===== Data for this task
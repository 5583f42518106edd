-- ===== src/Connect/Stream/Received.antt =====
-- What the application gets from a client's session of src/helpers/get_internal_websocket.rs.
use atomic_websocket.Base.{
  ℕ, zero, suc, ◌≡◌, refl, ap, sym, subst, if-true, if-false, ◌∙◌, Text, Bool, true, false,
  if◌then◌else◌, Option, none, some, List, [], ◌∷◌, ◌++◌, put, arith,
}
use atomic_websocket.Runtime.Channel.{Channel}
use atomic_websocket.Runtime.Database.{Database}
use atomic_websocket.Schema.{Primitives, Data, data_codec}
use atomic_websocket.Message.{Outgoing, get_data_schema, ping}
use atomic_websocket.Options.{ClientOptions}
use atomic_websocket.Spillover.{Buffers}
use atomic_websocket.Spillover.Each.{offer_all, offer_all-append}
use atomic_websocket.Sender.{
  Reply, SenderStatus, ServerSender, connected, send_handle_message, notify, write_received_times,
}
use atomic_websocket.Sender
use atomic_websocket.Sender.Inbox.{SameInbox, notify-SameInbox, send-SameInbox}
use atomic_websocket.Connect.Stream.{
  Event, message, end_of_stream, wake, send, Stream, forward_bytes, receive, receive_data,
  by_category, announce, on_sender, with_reader, woken, with_stream, step, run,
}
use atomic_websocket.Connect.Stream.Expected.{
  frames, for_application, verdict, for_application-cons,
}

module _ (S : Channel SenderStatus) (C : Channel Text) (D : Database) (P : Primitives) (sx : ℕ)
    (server_ip id : Text) where
  -- From `x` on the messages `ms` were offered, and the reader runs or has stopped.
  record Takes (x : Stream S C D P sx server_ip id) (ms : List Text) (reading : Bool)
      (y : Stream S C D P sx server_ip id) : Type 0 where
    buffers :
        y.session.sender.buffers
        ≡ offer_all C x.session.sender.options.spillover_buffer_size x.session.sender.buffers ms
    options : y.session.sender.options ≡ x.session.sender.options
    reader : y.reader.reading ≡ reading

  forward_bytes-Takes :
      (o : Option Text) (x : Stream S C D P sx server_ip id)
      → Takes x (put o []) x.reader.reading (forward_bytes S C D P sx server_ip id o x)
  unfolding send_handle_message
  forward_bytes-Takes none x = record { buffers = refl; options = refl; reader = refl }
  forward_bytes-Takes (some bytes) x = record { buffers = refl; options = refl; reader = refl }

  by_category-Takes :
      (taken : Bool) (d : Data) (x : Stream S C D P sx server_ip id)
      → x.reader.reading ≡ true
      → let r = verdict P (some d) in
        Takes x r.0 r.1 (by_category S C D P sx server_ip id taken d x)
  by_category-Takes taken d x h =
      let f = forward_bytes-Takes ((data_codec P).encode d) x in
      record {
        buffers = ground (arith, f.buffers);
        options = ground (arith, f.options);
        reader = ground (arith, f.reader);
      }

  announce-Takes :
      (x : Stream S C D P sx server_ip id)
      → Takes x [] x.reader.reading (announce S C D P sx server_ip id x)
  announce-Takes x =
      let n = notify-SameInbox S C connected x.session.sender in
      record {
        buffers = ground (arith, n.buffers);
        options = ground (arith, n.options);
        reader = ground arith;
      }

  Takes-trans :
      (x y z : Stream S C D P sx server_ip id) (ms ns : List Text) (b c : Bool)
      → Takes x ms b y
      → Takes y ns c z
      → Takes x (ms ++ ns) c z
  Takes-trans x y z ms ns b c t u =
      let size = x.session.sender.options.spillover_buffer_size in
      record {
        buffers =
            u.buffers
            ∙ ap
                (λ (o : ClientOptions).
                  offer_all C o.spillover_buffer_size y.session.sender.buffers ns)
                t.options
            ∙ ap (λ (k : Buffers C). offer_all C size k ns) t.buffers
            ∙ sym (offer_all-append C size x.session.sender.buffers ms ns);
        options = u.options ∙ t.options;
        reader = u.reader;
      }

  receive_data-Takes :
      (taken : Bool) (o : Option Data) (x : Stream S C D P sx server_ip id)
      → x.reader.reading ≡ true
      → let r = verdict P o in Takes x r.0 r.1 (receive_data S C D P sx server_ip id taken o x)
  receive_data-Takes taken none x h = record { buffers = refl; options = refl; reader = h }
  receive_data-Takes taken (some d) x h =
      let a = announce-Takes x in
      let y = announce S C D P sx server_ip id x in
      Takes-trans x y _ [] _ _ _ a (by_category-Takes taken d y (a.reader ∙ h))

  with_stream-Takes :
      (x : Stream S C D P sx server_ip id) (o : Option (ServerSender S C))
      → ((s : ServerSender S C) → o ≡ some s → SameInbox S C x.session.sender s)
      → Takes x [] x.reader.reading (with_stream S C D P sx server_ip id x o)
  with_stream-Takes x none f = record { buffers = refl; options = refl; reader = refl }
  with_stream-Takes x (some s) f =
      let same = f s refl in
      record { buffers = same.buffers; options = same.options; reader = refl }

  sent-Takes :
      (x : Stream S C D P sx server_ip id) (replies : ℕ → Reply) (m : Outgoing)
      → Takes x [] x.reader.reading
          (with_stream S C D P sx server_ip id x (Sender.send S C replies m x.session.sender))
  sent-Takes x replies m = with_stream-Takes x _ (send-SameInbox S C replies m x.session.sender)

  woken-Takes :
      (replies : ℕ → Reply) (sleeping : ℕ) (x : Stream S C D P sx server_ip id)
      → Takes x [] x.reader.reading (woken S C D P sx server_ip id replies sleeping x)
  woken-Takes replies zero x = record { buffers = refl; options = refl; reader = refl }
  woken-Takes replies (suc n) x =
      let t =
        sent-Takes
          (with_reader S C D P sx server_ip id
            (record x.reader { is_wait_ping = false; sleeping = n }) x)
          replies (ping id) in
      record { buffers = t.buffers; options = t.options; reader = t.reader }

  receive-Takes :
      (now : ℕ) (taken : Bool) (value : Text) (x : Stream S C D P sx server_ip id)
      → x.reader.reading ≡ true
      → let r = verdict P (get_data_schema value) in
        Takes x r.0 r.1 (receive S C D P sx server_ip id now taken value x)
  unfolding receive write_received_times
  receive-Takes now taken value x h =
      let t =
        receive_data-Takes taken (get_data_schema value)
          (on_sender S C D P sx server_ip id (write_received_times S C now) x) h in
      record { buffers = t.buffers; options = t.options; reader = t.reader }

  -- What an event adds while the reader runs, and whether it runs on.
  abbrev adds : Bool → Event → List Text × Bool
  adds true (message now taken value) = verdict P (get_data_schema value)
  adds true end_of_stream = ([], false)
  adds true _ = ([], true)
  adds false e = ([], false)

  step-Takes :
      (e : Event) (x : Stream S C D P sx server_ip id) (b : Bool)
      → x.reader.reading ≡ b
      → Takes x (adds b e).0 (adds b e).1 (step S C D P sx server_ip id e x)
  unfolding step
  step-Takes (message now taken value) x true h =
      let r = verdict P (get_data_schema value) in
      subst (Takes x r.0 r.1) (sym (if-true _ _ _ h)) (receive-Takes now taken value x h)
  step-Takes (message now taken value) x false h =
      subst (Takes x [] false) (sym (if-false _ _ _ h))
        (record { buffers = refl; options = refl; reader = h })
  step-Takes end_of_stream x true h = record { buffers = refl; options = refl; reader = refl }
  step-Takes end_of_stream x false h = record { buffers = refl; options = refl; reader = refl }
  step-Takes (wake replies) x true h = rw (← h) (woken-Takes replies x.reader.sleeping x)
  step-Takes (wake replies) x false h = rw (← h) (woken-Takes replies x.reader.sleeping x)
  step-Takes (send replies m) x true h = rw (← h) (sent-Takes x replies m)
  step-Takes (send replies m) x false h = rw (← h) (sent-Takes x replies m)

  -- From a state of the reader on.
  abbrev expected : Bool → List Event → List Text
  expected b es = if b then for_application P (frames es) else []

  expected-cons :
      (b : Bool) (e : Event) (es : List Event)
      → expected b (e ∷ es) ≡ (adds b e).0 ++ expected (adds b e).1 es
  expected-cons true (message now taken value) es = for_application-cons P value (frames es)
  expected-cons true end_of_stream es = refl
  expected-cons true (wake replies) es = refl
  expected-cons true (send replies m) es = refl
  expected-cons false e es = refl

  run-expected :
      (es : List Event) (x : Stream S C D P sx server_ip id) (b : Bool)
      → x.reader.reading ≡ b
      → (run S C D P sx server_ip id es x).session.sender.buffers
        ≡ offer_all C x.session.sender.options.spillover_buffer_size x.session.sender.buffers
            (expected b es)
  unfolding run
  run-expected [] x true h = refl
  run-expected [] x false h = refl
  run-expected (e ∷ es) x b h =
      let y = step S C D P sx server_ip id e x in
      let t = step-Takes e x b h in
      let size = x.session.sender.options.spillover_buffer_size in
      run-expected es y (adds b e).1 t.reader
      ∙ ap
          (λ (o : ClientOptions).
            offer_all C o.spillover_buffer_size y.session.sender.buffers (expected (adds b e).1 es))
          t.options
      ∙ ap (λ (k : Buffers C). offer_all C size k (expected (adds b e).1 es)) t.buffers
      ∙ sym (offer_all-append C size x.session.sender.buffers (adds b e).0 _)
      ∙ ap (offer_all C size x.session.sender.buffers) (sym (expected-cons b e es))

  -- Whatever else the session and the other tasks do, the application is offered exactly what its
  -- server sent, in order: every message up to the first disconnect or the end of the stream that
  -- can be read and is no pong, and nothing else.
  pub run-offer_all :
      (es : List Event) (x : Stream S C D P sx server_ip id)
      → x.reader.reading ≡ true
      → (run S C D P sx server_ip id es x).session.sender.buffers
        ≡ offer_all C x.session.sender.options.spillover_buffer_size x.session.sender.buffers
            (for_application P (frames es))
  run-offer_all es x h = run-expected es x true h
==========
*Exercise description*.
Lines from the entries that contain the word "wake" are what the answer must hold.

*Exercise solution*.
  Event, message, end_of_stream, wake, send, Stream, forward_bytes, receive, receive_data,
  step-Takes (wake replies) x true h = rw (← h) (woken-Takes replies x.reader.sleeping x)
  step-Takes (wake replies) x false h = rw (← h) (woken-Takes replies x.reader.sleeping x)
  expected-cons true (wake replies) es = refl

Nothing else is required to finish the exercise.